# trailer mounted log loader



## kkottemann (Dec 31, 2009)

Anybody here build thier own trailer mounted log loader? You know...like a mini loader powered by a small gas engine.....I know there are several places that sell them, but I am interested in piecing one togather myself...already have several trailers that would work.


----------



## Newguy777 (Jan 1, 2010)

I'm interested in seeing some too. I notice alot are made over sea's. Some are made here in NY but are very pricey. I would like to have one on my dump trailer someday soon. :greenchainsaw:


----------



## M.R. (Jan 1, 2010)

Yeah! Been collecting some of the parts & pieces for a few years now.
Need it & can use it, but getting it to the front of the line of these --
'Some Day type Projects' :monkey: & enough of these for two or three lifetimes...

http://www.blueoxequipment.com/


Have a few engineering type sites, etc..other places bookmarked in needed??


----------



## AlaskanLogger (Jan 1, 2010)

kkottemann said:


> Anybody here build thier own trailer mounted log loader?
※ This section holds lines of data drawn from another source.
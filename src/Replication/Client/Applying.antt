-- ===== src/Replication/Client/Applying.antt =====
-- replication/client.rs: the end that a full and a delta snapshot share, `commit_image`.
use runen_net.Replication.Client.Apply.{commit_image}
use runen_net.Prelude.{
  ℕ, ◌≡◌, refl, Bool, true, false, Option, none, some, nat_eq, arith, Result, ok, err,
}
use runen_net.Replication.Model.{ReplicationLineageKey, key_eq, AccountedState}
use runen_net.Replication.Client.Lineage.{
  ClientLineage, CommitPlan, synchronized, committed, state_resource_failure, classify_cursor,
  plan_commit, current_retained,
}
use runen_net.Replication.Client.Sets.{
  ClientReplicationSet, Reply, host_commit_failure, lineage, put_lineage, aggregate_commit_fits,
}
use runen_net.Replication.Client.Commit.{
  IsNewer, classify_cursor-IsNewer, held, plan_commit-some, commit_with_plan-IsValid,
}
use runen_net.Replication.Client.Aggregate.{
  IsValidSet, lineage-IsValid, put_lineage-IsValidSet, aggregate_commit_fits-total,
}

abbrev pub is_committed : {E : Type 0} → Reply E → Bool
is_committed (ok (committed cursor)) = true
is_committed other = false

module _ {S E : Type 0} where
  -- A snapshot was committed: the host agreed, the cursor moved forward to the target, the image is
  -- the current one of the lineage, which is synchronized and keeps its recovery boundary.
  pub record IsCommit (set : ClientReplicationSet S) (key : ReplicationLineageKey)
      (l : ClientLineage S) (target tick : ℕ) (image : AccountedState S)
      (host_commit : S → Result (Unit {0}) E) (set' : ClientReplicationSet S) (reply : Reply E)
      : Type 0 where
    pub after : ClientLineage S
    pub replied : reply ≡ ok (committed target)
    pub stored : set' ≡ put_lineage set key after
    pub agreed : host_commit image.state ≡ ok tt
    pub newer : IsNewer l.current target
    pub cursor : after.current ≡ some target
    pub image_held : current_retained after ≡ some (held tick image)
    pub synced : after.state ≡ synchronized
    pub same_boundary : after.latest_recovery_boundary ≡ l.latest_recovery_boundary

  -- The three ends of a commit: refused for want of room, refused by the host, or done.
  pub data IsCommitEnd (set : ClientReplicationSet S) (key : ReplicationLineageKey)
      (l : ClientLineage S) (target tick : ℕ) (image : AccountedState S)
      (host_commit : S → Result (Unit {0}) E) (failed set' : ClientReplicationSet S)
      (reply : Reply E) : Type 0 where
    no_room :
        set' ≡ set
        → reply ≡ ok state_resource_failure
        → IsCommitEnd set key l target tick image host_commit failed set' reply
    host_failed :
        (source : E)
        → host_commit image.state ≡ err source
        → set' ≡ failed
        → reply ≡ err (host_commit_failure source)
        → IsCommitEnd set key l target tick image host_commit failed set' reply
    done :
        IsCommit set key l target tick image host_commit set' reply
        → IsCommitEnd set key l target tick image host_commit failed set' reply

  abbrev pub CommitsTo :
      ClientReplicationSet S
      → ReplicationLineageKey
      → ClientLineage S
      → ℕ
      → ℕ
      → AccountedState S
      → (S → Result (Unit {0}) E)
      → ClientReplicationSet S
      → Type 0
  CommitsTo set key l target tick image host_commit failed =
      (set' : ClientReplicationSet S) × (reply : Reply E) × (commit_image set key l target tick
          image host_commit failed
        ≡ some (set', reply))
      × IsValidSet set'
      × IsCommitEnd set key l target tick image host_commit failed set' reply

  -- On a valid set a commit of a newer cursor does not panic, keeps the set valid, and ends in one
  -- of the three ways.
  pub commit_image-CommitsTo :
      (set : ClientReplicationSet S) (key : ReplicationLineageKey) (l : ClientLineage S)
      (target tick : ℕ) (image : AccountedState S) (host_commit : S → Result (Unit {0}) E)
      (failed : ClientReplicationSet S)
      → IsValidSet set
      → IsValidSet failed
      → lineage set key ≡ some l
      → classify_cursor l target ≡ none
      → CommitsTo set key l target tick image host_commit failed
  unfolding commit_image
  commit_image-CommitsTo set key l target tick image host_commit failed v w h fresh =
      let (o, answered) =
        plan_commit-some l image.accounted_bytes (lineage-IsValid set key l v h) in
      planned o answered
    where
      newer : IsNewer l.current target
      newer = classify_cursor-IsNewer l target fresh

      committing :
          (plan : CommitPlan) (u : Unit {0})
          → plan_commit l image.accounted_bytes ≡ some (some plan)
          → aggregate_commit_fits set l plan image.accounted_bytes ≡ true
          → host_commit image.state ≡ ok u
          → CommitsTo set key l target tick image host_commit failed
      committing plan u p fits agreed =
          let (l', q, valid, count, bytes, held_image, cursor, synced, boundary) =
            commit_with_plan-IsValid l target tick image plan (lineage-IsValid set key l v h) newer
              p in
          (
            put_lineage set key l',
            ok (committed target),
            rw (p, fits, agreed, q, commit_image) refl,
            put_lineage-IsValidSet set key l l' v h valid
                (omega
                  (arith, (aggregate_commit_fits-total set l plan image.accounted_bytes fits).0))
                (omega
                  (arith, (aggregate_commit_fits-total set l plan image.accounted_bytes fits).1)),
            done (record {
              after = l';
              replied = refl;
              stored = refl;
              agreed = agreed;
              newer = newer;
              cursor = cursor;
              image_held = held_image;
              synced = synced;
              same_boundary = boundary;
            }),
          )

      asked :
          (plan : CommitPlan) (r : Result (Unit {0}) E)
          → plan_commit l image.accounted_bytes ≡ some (some plan)
          → aggregate_commit_fits set l plan image.accounted_bytes ≡ true
          → host_commit image.state ≡ r
          → CommitsTo set key l target tick image host_commit failed
      asked plan (err source) p fits e = (
        failed,
        err (host_commit_failure source),
        rw (p, fits, e, commit_image) refl,
        w,
        host_failed source e refl refl,
      )
      asked plan (ok u) p fits e = committing plan u p fits e

      fitting :
          (plan : CommitPlan) (b : Bool)
          → plan_commit l image.accounted_bytes ≡ some (some plan)
          → aggregate_commit_fits set l plan image.accounted_bytes ≡ b
          → CommitsTo set key l target tick image host_commit failed
      fitting plan false p e =
          (set, ok state_resource_failure, rw (p, e, commit_image) refl, v, no_room refl refl)
      fitting plan true p e = asked plan (host_commit image.state) p e refl

      planned :
          (o : Option CommitPlan)
          → plan_commit l image.accounted_bytes ≡ some o
          → CommitsTo set key l target tick image host_commit failed
      planned none p =
          (set, ok state_resource_failure, rw (p, commit_image) refl, v, no_room refl refl)
      planned (some plan) p =
          fitting plan (aggregate_commit_fits set l plan image.accounted_bytes) p refl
You know...like a mini loader powered by a small gas engine.....I know there are several places that sell them, but I am interested in piecing one togather myself...already have several trailers that would work.



I saw a dandy on ebay a couple months ago- it sold for $2,000.00
Had a Briggs and Straton 10 HP and full rotate grapple.


----------



## ithica (Jan 5, 2010)

I know of 1 Canadian company, RAD tech , the company that built mine ,

Here's the link they sell the loaders seperate from the trailers (I think)

http://www.radtechnologies.ca/client/page3b.asp?page=36&clef=3&clef2=3

I've beaten the hell out of mine and she still works great !


----------